# Wintec 500 Dressage Equisuede vs No Equisuede



## blue eyed pony (Jun 20, 2011)

The one with the suede knee pads is the latest model  The knee pads were brought out because people were complaining it was slippery and hard to keep position in.

To get one without the suede, you need to buy second hand.

I have a 500CC without suede on the knees and I LOVE it, no issues with slipping at all - but I jump in full seat jods so that helps. My dressage saddle is full suede and I HATE IT. It's great for when the horses are being stupid, but I really struggle to keep a good position in it and I cannot sit the trot to save my life :/


----------



## horses4ever512 (Jul 18, 2012)

So you prefer it without suede? I have a Wintec CC without suede as well, and its awesome. I don't slip at all. Thanks for your help!


----------



## blue eyed pony (Jun 20, 2011)

I have to say I don't mind with OR without. I haven't found suede knees to make very much difference to me at all. It's full suede all over that I hate - my dressage saddle is a cheap copy of the Wintec Isabell so the whole thing is suede and it's really annoying.


----------



## shanoona (Oct 29, 2009)

horses4ever512 said:


> I've done some research on the Wintec 500 Dressage.
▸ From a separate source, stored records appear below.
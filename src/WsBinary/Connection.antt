-- ===== src/WsBinary/Connection.antt =====
-- The steps of the binary WebSocket session in turns of its reader.
use can_bridge_daemon.Prelude.{
  ℕ, ◌≡◌, inl, inr, refl, sym, subst, none, some, List, [], ◌∷◌, drop, ok, err, Result-cases,
}
use can_bridge_daemon.BinaryMessage.Types.{ClientBinaryRequest, DecodeError}
use can_bridge_daemon.BinaryMessage.Packet.{decode_client_from}
use can_bridge_daemon.Service.{Ports}
use can_bridge_daemon.BinarySession.{
  Texts, SessionError, Phase, ready, ended, failed, Session, extend, stop,
}
use can_bridge_daemon.BinarySession.Turns.{
  receives, greets, says, Turns, done, more, Turns-trans, Turns-moved, drain_all-Turns,
}
use can_bridge_daemon.WsBinary.{
  Input, binary, greet, handshake, handshake_step, main_step, step_by, step, run,
}
use can_bridge_daemon.WsBinary.Messages.{handshake-some}

module _ {W : Type 0} (ports : Ports W) (texts : Texts) where
  greet-Turns :
      (req : ClientBinaryRequest) (n : ℕ) (s : Session W)
      → decode_client_from s.receive_buffer ≡ ok (some (req, n))
      → Turns ports texts s
          (greet ports texts req (record s { receive_buffer = drop n s.receive_buffer }))
  unfolding greet
  greet-Turns (ClientBinaryRequest.client_hello client protocol) n s d =
      more (greets _ n ready d refl) done
  greet-Turns (ClientBinaryRequest.ping id) n s d = more (greets _ n ended d refl) done
  greet-Turns ClientBinaryRequest.list_ifaces n s d = more (greets _ n ended d refl) done
  greet-Turns (ClientBinaryRequest.subscribe ifaces) n s d = more (greets _ n ended d refl) done
  greet-Turns ClientBinaryRequest.unsubscribe n s d = more (greets _ n ended d refl) done
  greet-Turns (ClientBinaryRequest.send_frame iface id is_fd brs esi bytes) n s d =
      more (greets _ n ended d refl) done

  handshake-none :
      (s : Session W) → decode_client_from s.receive_buffer ≡ ok none → handshake ports texts s ≡ s
  unfolding handshake
  handshake-none s e = rw (e, handshake) refl

  handshake_err :
      (s : Session W) (x : DecodeError)
      → decode_client_from s.receive_buffer ≡ err x
      → handshake ports texts s ≡ stop (SessionError.decode x) s
  unfolding handshake
  handshake_err s x e = rw (e, handshake) refl

  handshake-Turns : (s : Session W) → Turns ports texts s (handshake ports texts s)
  handshake-Turns s = elim (Result-cases (decode_client_from s.receive_buffer)) [
    | inl (none, d) ↦ subst (Turns ports texts s) (sym (handshake-none s d)) done
    | inl (some (req, n), d) ↦
        subst (Turns ports texts s) (sym (handshake-some ports texts s req n d))
          (greet-Turns req n s d)
    | inr (x, d) ↦
        subst (Turns ports texts s) (sym (handshake_err s x d))
          (Turns-moved ports texts (failed (SessionError.decode x)) s)
  ]

  handshake_step-Turns :
      (s : Session W) (input : Input) → Turns ports texts s (handshake_step ports texts s input)
  unfolding handshake_step
  handshake_step-Turns s (binary bytes) =
      more (receives bytes refl refl) (handshake-Turns (extend bytes s))
  handshake_step-Turns s Input.text = Turns-moved ports texts _ s
  handshake_step-Turns s Input.close = Turns-moved ports texts _ s
  handshake_step-Turns s Input.control = done
  handshake_step-Turns s Input.no_message = Turns-moved ports texts _ s
  handshake_step-Turns s Input.timeout = Turns-moved ports texts _ s

  main_step-Turns :
      (s : Session W) (input : Input) → Turns ports texts s (main_step ports texts s input)
  unfolding main_step
  main_step-Turns s (binary bytes) =
      more (receives bytes refl refl) (drain_all-Turns ports texts (extend bytes s))
  main_step-Turns s Input.text = more (says refl) done
  main_step-Turns s Input.close = Turns-moved ports texts _ s
  main_step-Turns s Input.control = done
  main_step-Turns s Input.no_message = Turns-moved ports texts _ s
  main_step-Turns s Input.timeout = done

  step_by-Turns :
      (p : Phase) (s : Session W) (input : Input)
      → Turns ports texts s (step_by ports texts p s input)
  step_by-Turns Phase.handshaking s input = handshake_step-Turns s input
  step_by-Turns Phase.ready s input = main_step-Turns s input
  step_by-Turns Phase.ended s input = done
  step_by-Turns (Phase.failed x) s input = done

  -- Whatever the socket gives, the function's way to its next state is a sequence of the reader's turns.
  pub run-Turns :
      (inputs : List Input) (s : Session W) → Turns ports texts s (run ports texts s inputs)
  unfolding run step
  run-Turns [] s = done
  run-Turns (input ∷ inputs) s =
      Turns-trans ports texts (step_by-Turns s.phase s input)
        (run-Turns inputs (step ports texts s input))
More often then not, I come across it with Equisuede knee pads. I've occasionally found it without the Equisuede knee pads. Why do most places only sell it with the Equisuede knee pads? I personally like it without them. Does anyone know where I can buy it without the Equisuede knee pads? Also, please give me your personal opinions on them.
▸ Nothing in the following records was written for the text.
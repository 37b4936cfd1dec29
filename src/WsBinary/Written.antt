-- ===== src/WsBinary/Written.antt =====
-- The messages of a WebSocket that the writer task of src/infra/transport_ws/ws_binary.rs sends: each holds the
-- packet of one item.
use can_bridge_daemon.Prelude.{
  ℕ, ◌≡◌, refl, sym, ap, ap₂, ◌∙◌, some, List, [], ◌∷◌, append-nil, map, All, length, ok,
}
use can_bridge_daemon.BinaryMessage.Types.{DaemonBinaryResponse}
use can_bridge_daemon.BinaryMessage.Packet.{encode_daemon, decode_daemon_from}
use can_bridge_daemon.BinaryMessage.Packet.RoundTrip.{decode_daemon_from-encode_daemon}
use can_bridge_daemon.BinaryMessage.Packet.Streams.{Receivable}
use can_bridge_daemon.Writer.{Item, Connection}
use can_bridge_daemon.BinarySession.Connected.{item_message}

unfoldable pub packet : Item DaemonBinaryResponse → List ℕ
unfolding item_message
packet item = encode_daemon (item_message item)

unfoldable pub messages : {S : Type 0} → Connection S DaemonBinaryResponse → List (List ℕ)
unfolding packet
messages c = map packet c.written

-- A packet alone is decoded as its message, and nothing is left of it.
decode_daemon_from-alone :
    (r : DaemonBinaryResponse)
    → Receivable r
    → decode_daemon_from (encode_daemon r) ≡ ok (some (r, length (encode_daemon r)))
decode_daemon_from-alone r (fits, short) =
    ap decode_daemon_from (sym (append-nil (encode_daemon r)))
    ∙ decode_daemon_from-encode_daemon r [] fits short

-- Each message of the WebSocket that holds an item that fits is decoded by itself as that item.
pub decode_daemon_from-messages :
    (items : List (Item DaemonBinaryResponse))
    → All Receivable (map item_message items)
    → map decode_daemon_from (map packet items)
      ≡ map (λ item. ok (some (item_message item, length (packet item)))) items
unfolding packet
decode_daemon_from-messages [] h = refl
decode_daemon_from-messages (item ∷ items) (fits, h) =
    ap₂ (λ x xs. x ∷ xs) (decode_daemon_from-alone (item_message item) fits)
      (decode_daemon_from-messages items h)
i have a Wintec 500 VSD with suede kneepads and its brilliant, it helps you to keep the knees attached to the saddle. If you dont want it, u have to byu an older model.


----------



## goingnowhere1 (Jan 22, 2012)

The newest model of most wintecs come with suede. I'm guessing that Wintec thought that the equisuede was too slippery for eventers or jumpers so they decided to "help" us stay in the saddle.
I used to ride in a wintec 500 without suede and I loved it! I felt like my knees made impressions in the knee patches and therefore my legs had a comfy cove! But when I was riding my super bouncy mare it was a little slippery. 
Now I own a wintec 500 with suede knee patches. I really feel no difference in the saddles at all besides the patches. It rides the same except for one minor detail; the temperature. The suede patches haven foamy material under them so your legs conform to the saddle (much like the old model) but the foam and suede combo traps heat under your legs so if you are riding in shorts... Be prepared to be toasty!
But overall, they feel totally the same in my opinion besides the heat. The knee part doesn't even feel different, it just looks different.


----------